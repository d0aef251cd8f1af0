-- ===== src/Novelty/Counts.antt =====
-- src/novelty.rs: what the statements of `record_cooccurrence` do to the counts.
use ct_firehose_filter.Prelude.{
  ℕ, ◌+◌, ◌≡◌, refl, ◌∙◌, ap, List, [], ◌∷◌, ◌++◌, map, arith, inl, inr, if◌then◌else◌, Str, str_eq,
  str_eq_iff, Bool-cases,
}
use ct_firehose_filter.Novelty.Table.{lookup, lookup-upsert, lookup-update}
use ct_firehose_filter.Novelty.Sql.{Db}
use ct_firehose_filter.Novelty.Store.{
  events_of, partners_of, count_event, insert_partner, refresh_partners, count_multi_brand,
  partners_for, all_partners, cooccurrence_statements,
}
use ct_firehose_filter.Novelty.Atomic.{apply_all}

-- How often the text stands in the list.
abbrev pub occurrences : Str → List Str → ℕ
occurrences x [] = 0
occurrences x (y ∷ ys) = (if str_eq x y then 1 else 0) + occurrences x ys

abbrev pub events_in : Str → Db → ℕ
events_in x db = events_of (lookup x db.brand_degree)

abbrev pub partners_in : Str → Db → ℕ
partners_in x db = partners_of (lookup x db.brand_degree)

pub apply_all-append :
    (fs gs : List (Db → Db)) (db : Db) → apply_all (fs ++ gs) db ≡ apply_all gs (apply_all fs db)
apply_all-append [] gs db = refl
apply_all-append (f ∷ fs) gs db = apply_all-append fs gs (f db)

-- A part of the database that no statement changes.
pub apply_all-map_keeps {ℓ} :
    {X : Type ℓ} (part : Db → X) (g : Str → Db → Db)
    → ((b : Str) (db : Db) → part (g b db) ≡ part db)
    → (brands : List Str) (db : Db) → part (apply_all (map g brands) db) ≡ part db
apply_all-map_keeps part g h [] db = refl
apply_all-map_keeps part g h (b ∷ brands) db = apply_all-map_keeps part g h brands (g b db) ∙ h b db

apply_all-partners_for_keeps {ℓ} :
    {X : Type ℓ} (part : Db → X)
    → ((a b : Str) (db : Db) → part (insert_partner a b db) ≡ part db)
    → (a : Str) (brands : List Str) (db : Db)
    → part (apply_all (partners_for a brands) db) ≡ part db
unfolding partners_for
apply_all-partners_for_keeps part h a [] db = refl
apply_all-partners_for_keeps part h a (b ∷ brands) db = elim (Bool-cases (str_eq a b)) [
  | inl same ↦ rw same (apply_all-partners_for_keeps part h a brands db)
  | inr other ↦
      rw other (apply_all-partners_for_keeps part h a brands (insert_partner a b db) ∙ h a b db)
]

pub apply_all-all_partners_keeps {ℓ} :
    {X : Type ℓ} (part : Db → X)
    → ((a b : Str) (db : Db) → part (insert_partner a b db) ≡ part db)
    → (rest brands : List Str) (db : Db) → part (apply_all (all_partners rest brands) db) ≡ part db
unfolding all_partners
apply_all-all_partners_keeps part h [] brands db = refl
apply_all-all_partners_keeps part h (a ∷ rest) brands db =
    ap part (apply_all-append (partners_for a brands) (all_partners rest brands) db)
    ∙ apply_all-all_partners_keeps part h rest brands (apply_all (partners_for a brands) db)
    ∙ apply_all-partners_for_keeps part h a brands db

-- The four groups of statements, one after the other.
module _ (brands : List Str) (db : Db) where
  abbrev pub counted : Db
  counted = apply_all (map count_event brands) db

  abbrev pub paired : Db
  paired = apply_all (all_partners brands brands) counted

  abbrev pub refreshed : Db
  refreshed = apply_all (map refresh_partners brands) paired

  pub cooccurrence_groups :
      apply_all (cooccurrence_statements brands) db ≡ count_multi_brand refreshed
  unfolding cooccurrence_statements
  cooccurrence_groups =
      apply_all-append (map count_event brands) _ db
      ∙ apply_all-append (all_partners brands brands) _ counted
      ∙ apply_all-append (map refresh_partners brands) _ paired

count_event-events :
    (x b : Str) (db : Db)
    → events_in x (count_event b db) ≡ events_in x db + (if str_eq x b then 1 else 0)
unfolding count_event
count_event-events x b db = rw lookup-upsert (ground (arith, str_eq_iff x b, str_eq_iff b x))

counted-events :
    (x : Str) (brands : List Str) (db : Db)
    → events_in x (counted brands db) ≡ events_in x db + occurrences x brands
counted-events x [] db = omega arith
counted-events x (b ∷ brands) db =
    omega (arith, counted-events x brands (count_event b db), count_event-events x b db)

refresh_partners-events :
    (x b : Str) (db : Db) → events_in x (refresh_partners b db) ≡ events_in x db
unfolding refresh_partners
refresh_partners-events x b db = rw lookup-update (ground (arith, str_eq_iff b x))

-- A co-occurrence counts one event for each mention of a brand, and none for any other.
pub cooccurrence-events :
    (x : Str) (brands : List Str) (db : Db)
    → events_in x (apply_all (cooccurrence_statements brands) db)
      ≡ events_in x db + occurrences x brands
unfolding count_multi_brand
cooccurrence-events x brands db =
    ap (events_in x) (cooccurrence_groups brands db)
    ∙ apply_all-map_keeps (events_in x) refresh_partners (refresh_partners-events x) brands
        (paired brands db)
    ∙ apply_all-all_partners_keeps (events_in x) (λ a b d. unfold insert_partner in refl) brands
        brands (counted brands db)
    ∙ counted-events x brands db

-- The counting leaves the recorded coalitions alone.
pub cooccurrence-coalitions :
    (brands : List Str) (db : Db)
    → (apply_all (cooccurrence_statements brands) db).coalitions ≡ db.coalitions
unfolding count_multi_brand
cooccurrence-coalitions brands db =
    ap (λ (d : Db). d.coalitions) (cooccurrence_groups brands db)
    ∙ apply_all-map_keeps (λ d. d.coalitions) refresh_partners
        (λ b d. unfold refresh_partners in refl) brands (paired brands db)
    ∙ apply_all-all_partners_keeps (λ d. d.coalitions) (λ a b d. unfold insert_partner in refl)
        brands brands (counted brands db)
    ∙ apply_all-map_keeps (λ d. d.coalitions) count_event (λ b d. unfold count_event in refl) brands
        db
━━━━━━━━━━
• _TASK DIRECTIONS_
Please state how many lines in the entries include the string "Bool", giving no more than the number.

• _ANSWER_
2